Experimental program
Comparison scheme
Effect test

Embodiment 1

[0045] (1) TiO 2 / NG preparation

[0046] Disperse 100 mg of glycine and 240 mg of titanium sulfate into 10 mL of graphene oxide aqueous dispersion (1.0 mg / mL), and sonicate for 2 h; transfer the formed suspension to a stainless steel autoclave, react at 180 ° C for 12 h, and Cool to room temperature, centrifuge, and wash the resulting precipitate three times with ultrapure water and ethanol; finally, freeze-dry to obtain TiO 2 / NG functional nanocomposites. Monomer TiO 2 It is prepared under the same conditions as above without adding glycine and graphene oxide.
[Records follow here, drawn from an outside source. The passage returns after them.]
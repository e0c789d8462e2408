-- ===== src/Relay/Admission.antt =====
-- An operation that the relay refuses leaves no operation in flight.
use brezel.Common.{
  ℕ, ◌-◌, ◌^◌, ◌≡◌, refl, sym, ap, ◌∙◌, not, ◌&&◌, ◌||◌, [], none, some, Option, ltb, ◌==◌, nat_eq,
  if_cases, Result-cases, inl, inr, Text, text_eq, Result, ok, err, require,
}
use brezel.Ledger.Types
use brezel.Ledger.Types.{OperationKey, Binding, ready}
use brezel.Ledger.Operations.{Ledger, active_count, refuse}
use brezel.Ledger.Leases.{Lease, acquire_operation, release, current_entry, operation_key, admit}
use brezel.Ledger.Checks.{valid_route_identity}
use brezel.Ledger.Invariant.{Inv}
use brezel.Ledger.Release.{release-acquire_operation}
use brezel.Replay
use brezel.Replay.{ReplayCache, use_jti}
use brezel.Capability.{CapabilityClaims}
use brezel.Capability.Tokens.{match_claims}
use brezel.Relay.{
  Refusal, RelayServer, RelayAuthorization, SandboxBinding, Authorized, release_lease, handed_out,
  spent, leased, after_acquire, authorize_request, expected_at,
}

-- A refusal leaves the counts of operations as `l` has them.
abbrev Freed : Ledger → OperationKey → Authorized → Type 0
Freed l j out =
    (why : Refusal) → out.1 ≡ err why → active_count out.0.ledger.active j ≡ active_count l.active j

-- The lease was taken from `l`: giving it back restores the counts.
abbrev TakenFrom : Ledger → OperationKey → Ledger → Lease → Type 0
TakenFrom l j m lease = active_count (release m lease).0.active j ≡ active_count l.active j

handed_out-Freed :
    (l : Ledger) (j : OperationKey) (s : RelayServer) (lease : Lease) (o : Option SandboxBinding)
    → TakenFrom l j s.ledger lease
    → Freed l j (handed_out s lease o)
unfolding handed_out release_lease
handed_out-Freed l j s lease none t why h = t
handed_out-Freed l j s lease (some b) t why h = cc

spent-Freed :
    (l : Ledger) (j : OperationKey) (s : RelayServer) (c : CapabilityClaims) (current : Binding)
    (lease : Lease) (now : ℕ) (out : ReplayCache × Result Replay.Error (Unit {0}))
    → TakenFrom l j s.ledger lease
    → Freed l j (spent s c current lease now out)
unfolding spent release_lease
spent-Freed l j s c current lease now (cache, err e) t why h = t
spent-Freed l j s c current lease now (cache, ok done) t why h =
    handed_out-Freed l j (record s { replay = cache }) lease _ t why h

leased-Freed :
    (l : Ledger) (j : OperationKey) (s : RelayServer) (c : CapabilityClaims) (digest : Text)
    (use_now bind_now : ℕ) (current : Binding) (lease : Lease)
    → TakenFrom l j s.ledger lease
    → Freed l j (leased s c digest use_now bind_now current lease)
unfolding leased release_lease
leased-Freed l j s c digest use_now bind_now current lease t =
    if_cases (Freed l j) (ltb (2 ^ 63 - 1) current.route.generation || current.engine_id == []) _ _
      (λ changed why h. t)
      (λ sound.
        elim (Result-cases (match_claims s.verifier c (expected_at s c current.route digest))) [
          | inl m ↦ rw m.1 (spent-Freed l j s c current lease bind_now _ t)
          | inr m ↦ rw m.1 (λ why h. t)
        ])

acquire_operation-refused :
    (l : Ledger) (route project sandbox : Text) (expected : ℕ) (why : Types.Error)
    → (acquire_operation l route project sandbox expected).1 ≡ err why
    → (acquire_operation l route project sandbox expected).0 ≡ l
unfolding acquire_operation admit
acquire_operation-refused l route project sandbox expected why =
    refusing
      (require (valid_route_identity route project sandbox && not (expected == 0)) Types.invalid) _
      (λ o. refusing (current_entry l route project sandbox expected ready) _ (λ e.
        if_cases Kept
          (active_count l.active (operation_key route project sandbox expected) == Types.max_uint64)
          _ _ (λ full h. refl) (λ room h. absurd (bad h))))
  where
    Kept : Ledger × Result Types.Error (Binding × Lease) → Type 0
    Kept out = out.1 ≡ err why → out.0 ≡ l

    bad : {x : Binding × Lease} → Path (Result Types.Error (Binding × Lease)) (ok x) (err why) → ⊥
    bad h = cc

    refusing :
        {B : Type 0} (r : Result Types.Error B)
        (f : B → Ledger × Result Types.Error (Binding × Lease))
        → ((b : B) → Kept (f b))
        → Kept (refuse l r f)
    refusing (err e) f k h = refl
    refusing (ok b) f k h = k b h

-- Under the invariant of its ledger, a relay that refuses to authorize an operation counts as many
-- operations under each key as it did before, whatever the refusal was: a lease that was taken has
-- been given back.
pub authorize_request-refused :
    (s : RelayServer) (a : RelayAuthorization) (digest : Text) (use_now bind_now : ℕ)
    (why : Refusal) (j : OperationKey)
    → Inv s.ledger
    → (authorize_request s a digest use_now bind_now).1 ≡ err why
    → active_count (authorize_request s a digest use_now bind_now).0.ledger.active j
      ≡ active_count s.ledger.active j
unfolding authorize_request after_acquire
authorize_request-refused s a digest use_now bind_now why j v = outcome _ refl
  where
    outcome :
        (out : Ledger × Result Types.Error (Binding × Lease))
        → acquire_operation s.ledger a.route_id a.claims.project_id a.claims.sandbox_id
            a.claims.generation
          ≡ out
        → (after_acquire s a.claims digest use_now bind_now out).1 ≡ err why
        → active_count (after_acquire s a.claims digest use_now bind_now out).0.ledger.active j
          ≡ active_count s.ledger.active j
    outcome (l, err e) same h =
        ap (λ k. active_count k.active j)
          (sym (ap (λ o. o.0) same)
            ∙ acquire_operation-refused s.ledger a.route_id a.claims.project_id a.claims.sandbox_id
                a.claims.generation e (ap (λ o. o.1) same))
    outcome (l, ok (current, lease)) same h =
        leased-Freed s.ledger j (record s { ledger = l }) a.claims digest use_now bind_now current
          lease
          ((release-acquire_operation s.ledger l a.route_id a.claims.project_id a.claims.sandbox_id
            a.claims.generation current lease j v same).1)
          why h
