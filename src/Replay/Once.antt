-- ===== src/Replay/Once.antt =====
-- An identifier is spent once.
use brezel.Common.{
  ℕ, ◌≤◌, ◌<◌, ◌≡◌, ◌≢◌, refl, Bool, true, false, not, ◌||◌, List, [], ◌∷◌, some, arith, ◌==◌,
  nat_eq, ltb, leb, All, if_cases, lookup, lookup-insert, lookup-delete, Text, text_eq,
  text_beq_iff, Result, ok,
}
use brezel.Replay.{
  Error, Expiry, ReplayCache, recorded, drop_expired, purge, valid_identifier, consume, is_used,
  purged, use_jti,
}

drop_expired_keeps :
    (now t : ℕ) (jti : Text) (x : Expiry) (used : List (Text × ℕ))
    → now < t
    → x.1 ≤ now
    → lookup jti used ≡ some t
    → lookup jti (drop_expired x used) ≡ some t
unfolding drop_expired recorded
drop_expired_keeps now t jti x used later old h =
    ground (arith, lookup-delete x.0 jti used, text_beq_iff jti x.0)

-- An identifier that expires later than `now` stays through a purge at `now`.
purge_keeps :
    (now t : ℕ) (jti : Text) (xs : List Expiry) (used : List (Text × ℕ))
    → now < t
    → lookup jti used ≡ some t
    → lookup jti (purge now xs used).1 ≡ some t
unfolding purge
purge_keeps now t jti [] used later h = h
purge_keeps now t jti (x ∷ xs) used later h =
    if_cases (λ (out : List Expiry × List (Text × ℕ)). lookup jti out.1 ≡ some t) (leb x.1 now) _ _
      (λ old.
        purge_keeps now t jti xs (drop_expired x used) later
          (drop_expired_keeps now t jti x used later (ground arith) h))
      (λ fresh. h)

-- A call of Use at `now` for `jti` until `at`.
pub record Call : Type 0 where
  pub now : ℕ
  pub jti : Text
  pub at : ℕ

unfoldable pub run : ReplayCache → List Call → ReplayCache
run c [] = c
run c (u ∷ us) = run (use_jti c u.now u.jti u.at).0 us

abbrev pub Spent : Text → ℕ → ReplayCache → Type 0
Spent jti t c = lookup jti c.used ≡ some t

consume-Spent :
    (c : ReplayCache) (jti k : Text) (t at : ℕ) (b : Bool)
    → is_used k c.used ≡ b
    → Spent jti t c
    → Spent jti t (consume c k at b).0
unfolding consume is_used
consume-Spent c jti k t at true e h = h
consume-Spent c jti k t at false e h =
    ground (arith, lookup-insert k jti at c.used, text_beq_iff jti k)

use_jti-Spent :
    (c : ReplayCache) (u : Call) (jti : Text) (t : ℕ)
    → u.now < t
    → Spent jti t c
    → Spent jti t (use_jti c u.now u.jti u.at).0
unfolding use_jti purged
use_jti-Spent c u jti t later h =
    if_cases Kept (ltb c.max_live 1) _ _ (λ e. h)
      (λ e.
        if_cases Kept (not (valid_identifier u.jti)) _ _ (λ e. h)
          (λ e.
            if_cases Kept (u.at == 0 || leb u.at u.now) _ _ (λ e. h)
              (λ e.
                consume-Spent (purged c u.now) jti u.jti t u.at _ refl
                  (purge_keeps u.now t jti c.expires c.used later h))))
  where
    Kept : ReplayCache × Result Error (Unit {0}) → Type 0
    Kept out = Spent jti t out.0

run-Spent :
    (c : ReplayCache) (us : List Call) (jti : Text) (t : ℕ)
    → All (λ u. u.now < t) us
    → Spent jti t c
    → Spent jti t (run c us)
unfolding run
run-Spent c [] jti t early h = h
run-Spent c (u ∷ us) jti t early h =
    run-Spent (use_jti c u.now u.jti u.at).0 us jti t early.1 (use_jti-Spent c u jti t early.0 h)

consume-ok :
    (c : ReplayCache) (jti : Text) (at : ℕ) (b : Bool)
    → (consume c jti at b).1 ≡ ok tt
    → Spent jti at (consume c jti at b).0
unfolding consume
consume-ok c jti at true good = cc
consume-ok c jti at false good =
    ground (arith, lookup-insert jti jti at c.used, text_beq_iff jti jti)

consume-refused :
    (c : ReplayCache) (jti : Text) (t at : ℕ) (b : Bool)
    → is_used jti c.used ≡ b
    → Spent jti t c
    → (consume c jti at b).1 ≢ ok tt
unfolding consume is_used
consume-refused c jti t at true e h good = cc
consume-refused c jti t at false e h good = ground (arith)

-- A successful call leaves its identifier in the cache, and is only made for a later expiry.
pub use_jti-ok :
    (c : ReplayCache) (now : ℕ) (jti : Text) (at : ℕ)
    → (use_jti c now jti at).1 ≡ ok tt
    → Spent jti at (use_jti c now jti at).0
unfolding use_jti
use_jti-ok c now jti at =
    if_cases Left (ltb c.max_live 1) _ _ (λ e h. cc)
      (λ e.
        if_cases Left (not (valid_identifier jti)) _ _ (λ e h. cc)
          (λ e.
            if_cases Left (at == 0 || leb at now) _ _ (λ e h. cc)
              (λ e. consume-ok (purged c now) jti at _)))
  where
    Left : ReplayCache × Result Error (Unit {0}) → Type 0
    Left out = out.1 ≡ ok tt → Spent jti at out.0

-- An identifier in the cache is not consumed again.
use_jti-refused :
    (c : ReplayCache) (now : ℕ) (jti : Text) (t at : ℕ)
    → now < t
    → Spent jti t c
    → (use_jti c now jti at).1 ≢ ok tt
unfolding use_jti purged
use_jti-refused c now jti t at later h =
    if_cases Refused (ltb c.max_live 1) _ _ (λ e good. cc)
      (λ e.
        if_cases Refused (not (valid_identifier jti)) _ _ (λ e good. cc)
          (λ e.
            if_cases Refused (at == 0 || leb at now) _ _ (λ e good. cc)
              (λ e.
                consume-refused (purged c now) jti t at _ refl
                  (purge_keeps now t jti c.expires c.used later h))))
  where
    Refused : ReplayCache × Result Error (Unit {0}) → Type 0
    Refused out = out.1 ≢ ok tt

-- After a Use of an identifier has succeeded, and then any calls of Use at times before its expiry,
-- every further Use of it at such a time fails, whatever expiry the caller gives.
pub use_jti-once :
    (c : ReplayCache) (now : ℕ) (jti : Text) (t : ℕ)
    → (use_jti c now jti t).1 ≡ ok tt
    → (us : List Call) → All (λ u. u.now < t) us
    → (later at : ℕ) → later < t
    → (use_jti (run (use_jti c now jti t).0 us) later jti at).1 ≢ ok tt
use_jti-once c now jti t good us early later at before =
    use_jti-refused (run (use_jti c now jti t).0 us) later jti t at before
      (run-Spent (use_jti c now jti t).0 us jti t early (use_jti-ok c now jti t good))
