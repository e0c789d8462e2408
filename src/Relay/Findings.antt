-- ===== src/Relay/Findings.antt =====
-- What each step of the relay's authorize has found where it goes on.
use brezel.Common.{
  ℕ, ◌+◌, ◌-◌, ◌^◌, ◌≡◌, refl, sym, subst, ap, arith, not, ◌&&◌, ◌||◌, [], none, some, Option, ltb,
  ◌==◌, nat_eq, if_cases, Result-cases, inl, inr, Text, text_eq, Result, ok, err, require, lookup,
}
use brezel.Ledger.Types
use brezel.Ledger.Types.{
  OperationKey, Binding, DiskEntry, ready, binding_from_disk, public_from_disk, key_eq, key_beq_iff,
}
use brezel.Ledger.Operations.{Ledger, active_count}
use brezel.Ledger.Leases.{Lease, acquire_operation, current_entry, operation_key, admit}
use brezel.Ledger.Checks.{valid_route_identity}
use brezel.Ledger.Steps.{refuse_ok}
use brezel.Ledger.Activity.{Current, current_entry-Current, active_count-insert}
use brezel.Replay
use brezel.Replay.{ReplayCache, use_jti}
use brezel.Replay.Once.{use_jti-ok}
use brezel.Capability.{CapabilityClaims}
use brezel.Capability.Tokens.{match_claims}
use brezel.Relay.{
  Refusal, RelayServer, SandboxBinding, Authorized, handed_out, spent, leased, expected_at,
  from_unix, bind_authorized_sandbox, binding_for,
}

-- What acquiring the lease has found: the current entry of the route, with one more operation.
pub record Leased (l m : Ledger) (route project sandbox : Text) (generation : ℕ) (current : Binding)
    : Type 0 where
  pub entry : DiskEntry
  pub is_current : Current l route project sandbox generation ready entry
  pub binding : current ≡ binding_from_disk entry
  pub state : m.state ≡ l.state
  pub counted :
      active_count m.active (operation_key route project sandbox generation)
      ≡ active_count l.active (operation_key route project sandbox generation) + 1

pub acquire_operation-Leased :
    (l m : Ledger) (route project sandbox : Text) (generation : ℕ) (current : Binding)
    (lease : Lease)
    → acquire_operation l route project sandbox generation ≡ (m, ok (current, lease))
    → Leased l m route project sandbox generation current
unfolding acquire_operation admit
acquire_operation-Leased l m route project sandbox generation current lease h =
    let a =
      refuse_ok l m
        (require (valid_route_identity route project sandbox && not (generation == 0))
          Types.invalid)
        _ h in
    let b = refuse_ok l m (current_entry l route project sandbox generation ready) _ a.2 in
    let key = operation_key route project sandbox generation in
    record {
      entry = b.0;
      is_current = current_entry-Current l route project sandbox generation ready b.0 b.1;
      binding = ground (arith, b.2);
      state = ground (arith, b.2);
      counted = ground (
        arith,
        b.2,
        active_count-insert key key (active_count l.active key + 1) l.active,
        key_beq_iff key key,
      );
    }

-- What the checks after the lease have found.
pub record Checked (s t : RelayServer) (c : CapabilityClaims) (digest : Text) (current : Binding)
    (b : SandboxBinding) : Type 0 where
  pub matched : match_claims s.verifier c (expected_at s c current.route digest) ≡ ok tt
  pub once : lookup c.jti t.replay.used ≡ some ((from_unix c.expires_at).instant)
  pub ledger : t.ledger ≡ s.ledger
  pub backend : b.backend_id ≡ current.engine_id
  pub revision : b.revision ≡ current.route.generation

handed_out-ok :
    (s t : RelayServer) (lease lease' : Lease) (o : Option SandboxBinding) (b : SandboxBinding)
    → handed_out s lease o ≡ (t, ok (b, lease'))
    → (o ≡ some b) × (t ≡ s)
unfolding handed_out
handed_out-ok s t lease lease' none b h = absurd (ground arith)
handed_out-ok s t lease lease' (some c) b h = (ground arith, ground arith)

bound_to :
    (a : SandboxBinding) (now : ℕ) (b : SandboxBinding)
    → bind_authorized_sandbox a now ≡ some b
    → (b.backend_id ≡ a.backend_id) × (b.revision ≡ a.revision)
unfolding bind_authorized_sandbox
bound_to a now b h = (ground arith, ground arith)

spent-Checked :
    (s t : RelayServer) (c : CapabilityClaims) (digest : Text) (current : Binding)
    (lease lease' : Lease) (use_now now : ℕ) (b : SandboxBinding)
    (cache : ReplayCache × Result Replay.Error (Unit {0}))
    → match_claims s.verifier c (expected_at s c current.route digest) ≡ ok tt
    → use_jti s.replay use_now c.jti (from_unix c.expires_at).instant ≡ cache
    → spent s c current lease now cache ≡ (t, ok (b, lease'))
    → Checked s t c digest current b
unfolding spent
spent-Checked s t c digest current lease lease' use_now now b (cache, err e) m u h =
    absurd (ground arith)
spent-Checked s t c digest current lease lease' use_now now b (cache, ok done) m u h =
    let o = handed_out-ok (record s { replay = cache }) t lease lease' _ b h in
    let d = bound_to (binding_for c current) now b o.0 in
    record {
      matched = m;
      once =
          subst (λ k. lookup c.jti k.replay.used ≡ some (from_unix c.expires_at).instant) (sym o.1)
            (subst (λ k. lookup c.jti k.used ≡ some (from_unix c.expires_at).instant)
              (ap (λ p. p.0) u)
              (use_jti-ok s.replay use_now c.jti (from_unix c.expires_at).instant
                (ap (λ p. p.1) u)));
      ledger = ap (λ s. RelayServer.ledger s) o.1;
      backend = d.0;
      revision = d.1;
    }

pub leased-Checked :
    (s t : RelayServer) (c : CapabilityClaims) (digest : Text) (use_now now : ℕ) (current : Binding)
    (lease lease' : Lease) (b : SandboxBinding)
    → leased s c digest use_now now current lease ≡ (t, ok (b, lease'))
    → Checked s t c digest current b
unfolding leased
leased-Checked s t c digest use_now now current lease lease' b =
    if_cases Good (ltb (2 ^ 63 - 1) current.route.generation || current.engine_id == []) _ _
      (λ changed h. absurd (refused h))
      (λ sound.
        elim (Result-cases (match_claims s.verifier c (expected_at s c current.route digest))) [
          | inl m ↦
              rw m.1 (spent-Checked s t c digest current lease lease' use_now now b _ m.1 refl)
          | inr m ↦ rw m.1 (λ h. absurd (refused h))
        ])
  where
    Good : Authorized → Type 0
    Good out = out ≡ (t, ok (b, lease')) → Checked s t c digest current b

    refused :
        {r : RelayServer} {why : Refusal} → Path Authorized (r, err why) (t, ok (b, lease')) → ⊥
    refused h = ground arith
[0047] (2) ZnPc / MoS 2 preparation of

[0048] Disperse 5.0mg of molybdenum disulfide and 3.0mg of zinc phthalocyanine powder into a mixed solution containing 7mL of water and 3mL of tert-butanol; place the above solution under an ultrasonic cell disruptor, and ultrasonically break it for 6 hours to obtain uniform zinc phthalocyanine Nanoparticle-modified molybdenum disulfide nanosheet suspension, namely ZnPc / M...

Embodiment 2

[0061] (1) TiO 2 / NG preparation

[0062]Disperse 50 mg of glycine and 120 mg of titanium sulfate into 5 mL of graphene oxide aqueous dispersion (1.0 mg / mL), and sonicate for 1 h; transfer the formed suspension to a stainless steel autoclave, react at 160 °C for 10 h, and Cool to room temperature, centrifuge, and wash the resulting precipitate three times with ultrapure water and ethanol; finally, freeze-dry to obtain TiO 2 / NG functional nanocomposites. Monomer TiO 2 It is prepared under the same conditions as above without adding glycine and graphene oxide.

[0063] (2) ZnPc / MoS 2 preparation of

[0064] Disperse 4.0mg of molybdenum disulfide and 2.0mg of zinc phthalocyanine powder into a mixed solution containing 6mL of water and 2mL of tert-butanol; place the above solution under an ultrasonic cell disruptor, and ultrasonically break it for 4 hours to obtain uniform zinc phthalocyanine Nanoparticle-modified molybdenum disulfide nanosheet suspension, namely ZnPc / MoS ...

Embodiment 3

[0067] (1) TiO 2 / NG preparation

[0068] Disperse 150 mg of glycine and 360 mg of titanium sulfate into 15 mL of graphene oxide aqueous dispersion (1.0 mg / mL), and sonicate for 3 h; transfer the formed suspension to a stainless steel autoclave, react at 200 ° C for 14 h, and Cool to room temperature, centrifuge, and wash the resulting precipitate three times with ultrapure water and ethanol; finally, freeze-dry to obtain TiO 2 / NG functional nanocomposites. Monomer TiO 2 It is prepared under the same conditions as above without adding glycine and graphene oxide.

[0069] (2) ZnPc / MoS 2 preparation of

[0070] Disperse 6.0mg of molybdenum disulfide and 4.0mg of zinc phthalocyanine powder into a mixed solution containing 8mL of water and 4mL of tert-butanol; place the above solution under an ultrasonic cell disruptor, and perform ultrasonic crushing for 8 hours to obtain uniform zinc phthalocyanine Nanoparticle-modified molybdenum disulfide nanosheet suspension, namely Zn...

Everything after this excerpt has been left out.